Some architectures have a limited number of bits available in an instruction to encode an offset to a pointer access, so if you access a field whose offset exceeds that number of bits the compiler will have to use multiple instructions to form a pointer to the field. For example, the ARM's Thumb architecture has 5 bits to encode an offset, so it can access a word-sized field in a single instruction only if the field is within 124 bytes from the start. So if you have a large structure an optimization that an embedded engineer might want to keep in mind is to place frequently used fields at the beginning of a structure's layout.
Well the first member doesn't need an offset added to the pointer to access it.
In C#, the order of the member is determined by the compiler unless you put the attribute [LayoutKind.Sequential/Explicit] which forces the compiler to lay out the structure/class the way you tell it to.
As far as I can tell, the compiler seems to minimize packing while aligning the data types on their natural order (i.e. 4 bytes int start on 4 byte addresses).
I'm focusing on performance, execution speed, not memory usage.
The compiler, without any optimizing switch, will map the variable storage area using the same order of declarations in code.
Imagine
unsigned char a;
unsigned char b;
long c;
Big mess-up? without align switches, low-memory ops. et al, we're going to have an unsigned char using a 64bits word on your DDR3 dimm, and another 64bits word for the other, and yet the unavoidable one for the long.

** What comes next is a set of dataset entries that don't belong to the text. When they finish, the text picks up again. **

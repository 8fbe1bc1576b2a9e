-- ===== src/Host.antt =====
-- What the program meets outside its own state, and the monad in which it works on both.
-- The compositor is reached through crates/tsk-core/src/hyprland.rs, which runs `hyprctl`; its calls,
-- the clocks and the slot files under the runtime directory are the fields of an interface, and every
-- theorem holds for each value of it. A query may change the world too: time passes, and the next
-- query may answer otherwise. A failed query is `none`.
use hypr_taskspace.Prelude.{ℕ, Bool, Option, List}
use hypr_taskspace.Prelude.Int.{ℤ}
use hypr_taskspace.Prelude.Text.{Text}
use hypr_taskspace.Models.{SessionState, Task}

-- `hyprland::Monitor`
pub record Monitor : Type 0 where
  pub name : Text
  pub workspace_name : Text
  pub focused : Bool
  pub x : ℤ
  pub y : ℤ

-- `hyprland::HyprWindow`
pub record HyprWindow : Type 0 where
  pub address : Text
  pub title : Text
  pub class_name : Text
  pub workspace : ℤ
  pub workspace_name : Text
  pub pid : Option ℤ

-- `state_notify::StateChangeKind`
pub data StateChangeKind : Type 0 where
  workspace taskspace full : StateChangeKind

-- What `create_task` takes from the checkout that is made for a task.
pub record Provisioned : Type 0 where
  pub repo_url : Option Text
  pub repo_path : Text
  pub source_repo_path : Option Text
  pub branch : Option Text
  pub browser_profile : Text
  pub notes_path : Text

-- What the program asks of the compositor, of the clocks and of the files that it writes.
pub record System : Type 1 where
  pub World : Type 0
  -- `available()`
  pub available : World → Bool × World
  -- `list_monitors()`
  pub list_monitors : World → Option (List Monitor) × World
  -- the name of `get_active_workspace()`; the inner `none` is "no active workspace"
  pub active_workspace : World → Option (Option Text) × World
  -- `get_clients()`
  pub get_clients : World → Option (List HyprWindow) × World
  -- `switch_workspace_for_navigation(name)`
  pub switch_workspace : Text → World → World
  -- `switch_workspace_on_monitor(monitor, workspace)`
  pub switch_on_monitor : Text → Text → World → World
  -- `swap_active_workspaces(monitor_a, monitor_b)`
  pub swap_workspaces : Text → Text → World → World
  -- `focus_monitor(name)`
  pub focus_monitor : Text → World → World
  -- `move_active_window_to_workspace(name)`
  pub move_active_window : Text → World → World
  -- `move_window_to_workspace_silent(address, name)`
  pub move_window_silent : Text → Text → World → World
  -- `ensure_workspaces(names)`
  pub ensure_workspaces : List Text → World → World
  -- `close_tsk_tui_windows()`
  pub close_tui_windows : World → World
  -- `thread::sleep` for 50 ms
  pub sleep : World → World
  -- `Instant::now()` and `Utc::now()`
  pub now : World → ℕ × World
  -- the file `slot-{n}` under the runtime directory
  pub write_slot : ℕ → Text → World → World
  pub read_slot : ℤ → World → Option Text × World
  pub remove_slot : ℕ → World → World
  -- the file `context` under the runtime directory; `false` when the directory cannot be made
  pub write_context : Text → World → Bool × World
  -- whether the database has, or gets, its tables
  pub ensure_schema : World → Bool × World
  -- whether the database can be read, and whether a transaction on it is committed
  pub can_load : World → Bool × World
  pub can_save : World → Bool × World
  -- `hyprland::close_window(address)`
  pub close_window : Text → World → World
  -- the processes that a task has besides its windows; where the source only logs an error of such a
  -- call, the call gives no answer
  pub capture_browser : Task → World → World
  pub container_exists : Text → World → Bool × World
  pub create_container : Text → World → Bool × World
  pub start_container : Text → World → World
  pub stop_container : Text → World → World
  pub remove_container : Text → World → World
  pub detach_checkout : Task → World → World
  pub reattach_checkout : Task → World → Bool × World
  pub remove_checkout : Task → World → World
  pub data_dir_exists : Text → World → Bool × World
  pub remove_data_dir : Task → World → World
  pub run_on_restore : Task → World → World
  pub run_on_create : Task → World → World
  -- making the checkout and the files of a new task with an id and a name, and its handoff document
  pub provision : SessionState → Text → Text → World → Option Provisioned × World
  pub write_handoff : Task → Text → World → Bool × World
  -- four bytes for a task id, and a random suffix
  pub random_bytes : World → List ℕ × World
  pub uuid_like_suffix : World → Text × World
  -- the kernel's boot id, the one that is stored, and storing it; `none` and `false` are errors
  pub current_boot_id : World → Option Text × World
  pub read_stored_boot_id : World → Option (Option Text) × World
  pub write_stored_boot_id : Text → World → Bool × World
  -- `state_notify::publish(kind)`
  pub publish : StateChangeKind → World → World

-- `RecentIntentionalSwitch`
pub record RecentSwitch : Type 0 where
  pub dest_key : Text
  pub old_allowed : List Text
  pub at : ℕ

-- The session that is worked on, the world, and the process's two statics `RECENT` and
-- `MONITOR_HOTPLUG_AT`.
pub record Env (W : Type 0) : Type 0 where
  pub session : SessionState
  pub world : W
  pub recent : Option RecentSwitch
  pub hotplug_at : Option ℕ

-- A step on a state, with an answer.
abbrev pub State : Type 0 → Type 0 → Type 0
State S A = S → A × S

abbrev pub M : Type 0 → Type 0 → Type 0
M W = State (Env W)

infixl 5 ◌>>=◌ ◌>>◌
abbrev pub ◌>>=◌ : {S A B : Type 0} → State S A → (A → State S B) → State S B
◌>>=◌ m f s = f (m s).0 (m s).1

abbrev pub ◌>>◌ : {S B : Type 0} → State S (Unit {0}) → State S B → State S B
◌>>◌ m k s = k (m s).1

abbrev pub pure : {S A : Type 0} → A → State S A
pure a s = (a, s)

abbrev pub get_session : {W : Type 0} → M W SessionState
get_session s = (s.session, s)

abbrev pub modify : {W : Type 0} → (SessionState → SessionState) → M W (Unit {0})
modify f s = (tt, record s { session = f s.session })

-- A query of the world, and a change of it.
abbrev pub ask : {W A : Type 0} → (W → A × W) → M W A
ask query s = ((query s.world).0, record s { world = (query s.world).1 })

abbrev pub act : {W : Type 0} → (W → W) → M W (Unit {0})
act change s = (tt, record s { world = change s.world })

abbrev pub skip : {S : Type 0} → State S (Unit {0})
skip s = (tt, s)

-- The state behind a query.
abbrev pub asked : {W A : Type 0} → (W → A × W) → Env W → Env W
asked query s = record s { world = (query s.world).1 }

So, that's a fetch per each variable.
However, packing it, or re-ordering it, will cause one fetch and one AND masking to be able to use the unsigned chars.
So speed-wise, on a current 64bits word-memory machine, aligns, reorderings, etc, are no-nos. I do microcontroller stuff, and there the differences in packed/non-packed are reallllly noticeable (talking about <10MIPS processors, 8bit word-memories)
On the side, it's long known that the engineering effort required to tweak code for performance other than what a good algorithm instructs you to do, and what the compiler is able to optimize, often results in burning rubber with no real effects. That and a write-only piece of syntaxically dubius code.
The last step-forward in optimization I saw (in uPs, don't think it's doable for PC apps) is to compile your program as a single module, have the compiler optimize it (much more general view of speed/pointer resolution/memory packing, etc), and have the linker trash non-called library functions, methods, etc.
In theory, it could reduce cache misses if you have big objects. But it's usually better to group members of the same size together so you have tighter memory packing.
I highly doubt that would have any bearing in CPU improvements - maybe readability. You can optimize the executable code if the commonly executed basic blocks that are executed within a given frame are in the same set of pages. This is the same idea but would not know how create basic blocks within the code. My guess is the compiler puts the functions in the order it sees them with no optimization here so you could try and place common functionality together.
Try and run a profiler/optimizer. First you compile with some profiling option then run your program. Once the profiled exe is complete it will dump some profiled information. Take this dump and run it through the optimizer as input.
I have been away from this line of work for years but not much has changed how they work.